Ainda não havia televisão em Salvador e o rádio era o grande meio de comunicação e entretenimento. A famosa "Era do Rádio".
O advento do long-playing permitiu que as ondas do rádio transmitissem, além do samba, muita rumba, bolero, samba-canção e marchinha de carnaval.
As vozes de Francisco Alves, Mario Reis,Orlando Silva, Ângela Maria, Cauby Peixoto, Dalva de Oliveira, Emilinha Borba, Aracy de Almeida, Carmem Miranda, Elizeth Cardoso, Dick Farney, Dircinha e Linda Batista, Doris Monteiro, Nelson Gonçalves e muitos outros, interpretavam composições de Antonio Maria, Lupiscínio Rodrigues, Dorival Caimmy, Adelino Moreira, Herivelto Martins, Ataulfo Alves, Noel Rosa, David Nasser. A trilha sonora ia dos trágicos como Vingança, de Lupiscínio Rodrigues, aos desesperados como Ninguém me Ama, de Antonio Maria, passando pelo descompromisso de Sassaricando e pela sensualidade de Mulata Assanhada.
Eu, criança, e o rádio lá de casa sempre ligados.

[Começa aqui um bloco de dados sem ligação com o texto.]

-- ===== src/Answers/Encoding.antt =====
-- The answers of a store as the values of JavaScript that a client is handed.
use mcp_usage_control.Base.{true, false, List, [], ◌∷◌, Option, none, some}
use mcp_usage_control.Number.{nat}
use mcp_usage_control.Types.{
  BudgetRemaining, ReservationRecord, StoreReserveResult, StoreGrowResult, DenialReason,
  VectorBudgetRemaining, VectorReservationDimension, VectorReservationRecord,
  StoreVectorReserveResult, StoreVectorGrowResult, UsageDimensionReserved,
}
use mcp_usage_control.Types.DenialReason.{quota_exceeded, duplicate_operation}
use mcp_usage_control.Value.{
  Value, Values, nil, cons, Fields, end, field, boolean, number, text, array, object, of_option,
}

abbrev pub of_list {ℓ} : {A : Type ℓ} → (A → Value) → List A → Values
of_list f [] = nil
of_list f (x ∷ xs) = cons (f x) (of_list f xs)

abbrev pub of_balance : BudgetRemaining → Value
of_balance b = object (field "key" (text b.key) (field "remaining" (number (nat b.remaining)) end))

abbrev pub of_reservation : ReservationRecord → Value
of_reservation r = object (
    field "id" (text r.id) (
      field "operationId" (text r.operation_id) (
        field "principalId" (text r.principal_id) (
          field "tenantId" (of_option r.tenant_id) (
            field "plan" (of_option r.plan) (
              field "tool" (text r.tool) (
                field "budgetKeys" (array (of_list text r.budget_keys)) (
                  field "reservedUnits" (number (nat r.reserved_units)) (
                    field "expiresAt" (number (nat r.expires_at))
                      (field "growthCursor" (of_option r.growth_cursor) end))))))))))

abbrev pub of_reason : DenialReason → Value
of_reason quota_exceeded = text "quota_exceeded"
of_reason duplicate_operation = text "duplicate_operation"

-- The limiting budget of a refusal stands in the object itself.
abbrev pub of_limiting : Option BudgetRemaining → Fields
of_limiting none = end
of_limiting (some b) =
    field "limitingBudgetKey" (text b.key) (field "remaining" (number (nat b.remaining)) end)

unfoldable pub of_reserve_result : StoreReserveResult → Value
of_reserve_result (StoreReserveResult.accepted r balances) = object (
    field "accepted" (boolean true) (
      field "reservation" (of_reservation r)
        (field "remainingByBudget" (array (of_list of_balance balances)) end)))
of_reserve_result (StoreReserveResult.rejected reason limiting) =
    object
      (field "accepted" (boolean false) (field "reason" (of_reason reason) (of_limiting limiting)))

unfoldable pub of_grow_result : StoreGrowResult → Value
of_grow_result (StoreGrowResult.accepted r) = object (
    field "accepted" (boolean true) (
      field "replayed" (boolean r.replayed) (
        field "reservationId" (text r.reservation_id) (
          field "incrementId" (text r.increment_id) (
            field "previousReservedUnits" (number (nat r.previous_reserved_units)) (
              field "reservedUnits" (number (nat r.reserved_units)) (
                field "growthCursor" (text r.growth_cursor) (
                  field "remainingByBudget" (array (of_list of_balance r.remaining_by_budget))
                    end))))))))
of_grow_result (StoreGrowResult.denied r) = object (
    field "accepted" (boolean false) (
      field "reason" (text "quota_exceeded") (
        field "replayed" (boolean r.replayed) (
          field "reservationId" (text r.reservation_id) (
            field "incrementId" (text r.increment_id) (
              field "growthCursor" (text r.growth_cursor) (
                field "limitingBudgetKey" (text r.limiting_budget_key)
                  (field "remaining" (number (nat r.remaining)) end))))))))

abbrev pub of_vector_balance : VectorBudgetRemaining → Value
of_vector_balance b = object (
    field "dimensionKey" (text b.dimension_key)
      (field "budgetKey" (text b.budget_key) (field "remaining" (number (nat b.remaining)) end)))

abbrev pub of_dimension : VectorReservationDimension → Value
of_dimension d = object (
    field "key" (text d.key) (
      field "budgetKeys" (array (of_list text d.budget_keys))
        (field "reservedUnits" (number (nat d.reserved_units)) end)))

abbrev pub of_vector_reservation : VectorReservationRecord → Value
of_vector_reservation r = object (
    field "id" (text r.id) (
      field "operationId" (text r.operation_id) (
        field "principalId" (text r.principal_id) (
          field "tenantId" (of_option r.tenant_id) (
            field "plan" (of_option r.plan) (
              field "tool" (text r.tool) (
                field "dimensions" (array (of_list of_dimension r.dimensions)) (
                  field "expiresAt" (number (nat r.expires_at))
                    (field "growthCursor" (of_option r.growth_cursor) end)))))))))

abbrev pub of_vector_limiting : Option VectorBudgetRemaining → Fields
of_vector_limiting none = end
of_vector_limiting (some b) = field "limitingDimensionKey" (text b.dimension_key) (
    field "limitingBudgetKey" (text b.budget_key)
      (field "remaining" (number (nat b.remaining)) end))

unfoldable pub of_vector_reserve_result : StoreVectorReserveResult → Value
of_vector_reserve_result (StoreVectorReserveResult.accepted r balances) = object (
    field "accepted" (boolean true) (
      field "reservation" (of_vector_reservation r)
        (field "remainingByBudget" (array (of_list of_vector_balance balances)) end)))
of_vector_reserve_result (StoreVectorReserveResult.rejected reason limiting) = object (
    field "accepted" (boolean false)
      (field "reason" (of_reason reason) (of_vector_limiting limiting)))

abbrev of_reserved : UsageDimensionReserved → Value
of_reserved d =
    object (field "key" (text d.key) (field "reservedUnits" (number (nat d.reserved_units)) end))

unfoldable pub of_vector_grow_result : StoreVectorGrowResult → Value
of_vector_grow_result (StoreVectorGrowResult.accepted r) = object (
    field "accepted" (boolean true) (
      field "replayed" (boolean r.replayed) (
        field "reservationId" (text r.reservation_id) (
          field "incrementId" (text r.increment_id) (
            field "previousReservedByDimension"
              (array (of_list of_reserved r.previous_reserved_by_dimension))
              (field "reservedByDimension" (array (of_list of_reserved r.reserved_by_dimension)) (
                field "growthCursor" (text r.growth_cursor) (
                  field "remainingByBudget"
                    (array (of_list of_vector_balance r.remaining_by_budget)) end))))))))
of_vector_grow_result (StoreVectorGrowResult.denied r) = object (
    field "accepted" (boolean false) (
      field "reason" (text "quota_exceeded") (
        field "replayed" (boolean r.replayed) (
          field "reservationId" (text r.reservation_id) (
            field "incrementId" (text r.increment_id) (
              field "growthCursor" (text r.growth_cursor)
                (of_vector_limiting (some r.limiting))))))))
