-- ===== src/Collation.antt =====
-- The order of keys and the sorting of canonical lists. `localeCompare` depends on the locale data
-- of the host, so it is a parameter: `le a b` stands for `a.localeCompare(b) <= 0`. What is
-- assumed of it is that it orders all texts, as a comparison for `sort` must. It is not assumed
-- that only equal texts compare equal: canonically equivalent texts do so too.
use mcp_usage_control.Base.{◌≡◌, ◌⊎◌, Bool, true, List, [], ◌∷◌, String, includes, if◌then◌else◌}
pub mod ByCode
pub mod Sorting

pub record Collation : Type 0 where
  pub le : String → String → Bool
  pub le_total : (a b : String) → (le a b ≡ true) ⊎ (le b a ≡ true)
  pub le_trans : (a b c : String) → le a b ≡ true → le b c ≡ true → le a c ≡ true

-- Among some keys, only equal ones compare equal. A hypothesis of the theorems that need it, on the
-- keys that they are about.
abbrev pub IsStrictOn : Collation → List String → Type 0
IsStrictOn c ks =
    (a b : String)
    → includes a ks ≡ true
    → includes b ks ≡ true
    → c.le a b ≡ true
    → c.le b a ≡ true
    → a ≡ b

module _ {ℓ} {A : Type ℓ} (key : A → String) ⦃c : Collation⦄ where
  unfoldable pub insert_by : A → List A → List A
  insert_by x [] = x ∷ []
  insert_by x (y ∷ ys) = if c.le (key x) (key y) then x ∷ y ∷ ys else y ∷ insert_by x ys

  -- `Array.prototype.sort` by key, which is stable: equal keys keep their order.
  unfoldable pub sort_by : List A → List A
  unfolding insert_by
  sort_by [] = []
  sort_by (x ∷ xs) = insert_by x (sort_by xs)
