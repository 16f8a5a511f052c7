-- ===== src/Input/UsageInputLimits.antt =====
-- The constants of `USAGE_INPUT_LIMITS` in packages/core/src/index.ts.
use mcp_usage_control.Base.{ℕ}

abbrev pub identifier_bytes : ℕ
identifier_bytes = 1024

abbrev pub scalar_budgets : ℕ
scalar_budgets = 64

abbrev pub vector_dimensions : ℕ
vector_dimensions = 32

abbrev pub vector_budgets_per_dimension : ℕ
vector_budgets_per_dimension = 32

abbrev pub vector_budgets_total : ℕ
vector_budgets_total = 128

Ambos. Gostava de algumas músicas, principalmente das mais animadas, como General da Banda, por exemplo, e daquelas mais sensivonas, como Luar do Sertão.
Porém, de verdade verdadeira, a música ainda não me tocava (sem trocadilho). Aqueles dramas de amores incompreendidos, de traições e desprezos não me diziam muita coisa. Gostava de música, sim. Gostava que o rádio estivesse sempre ligado e achava que a casa ficava meio tristonha quando ele se calava. Mas era como se o rádio fizesse parte da paisagem e as músicas fossem a trilha sonora dessa paisagem, tipo fundo musical.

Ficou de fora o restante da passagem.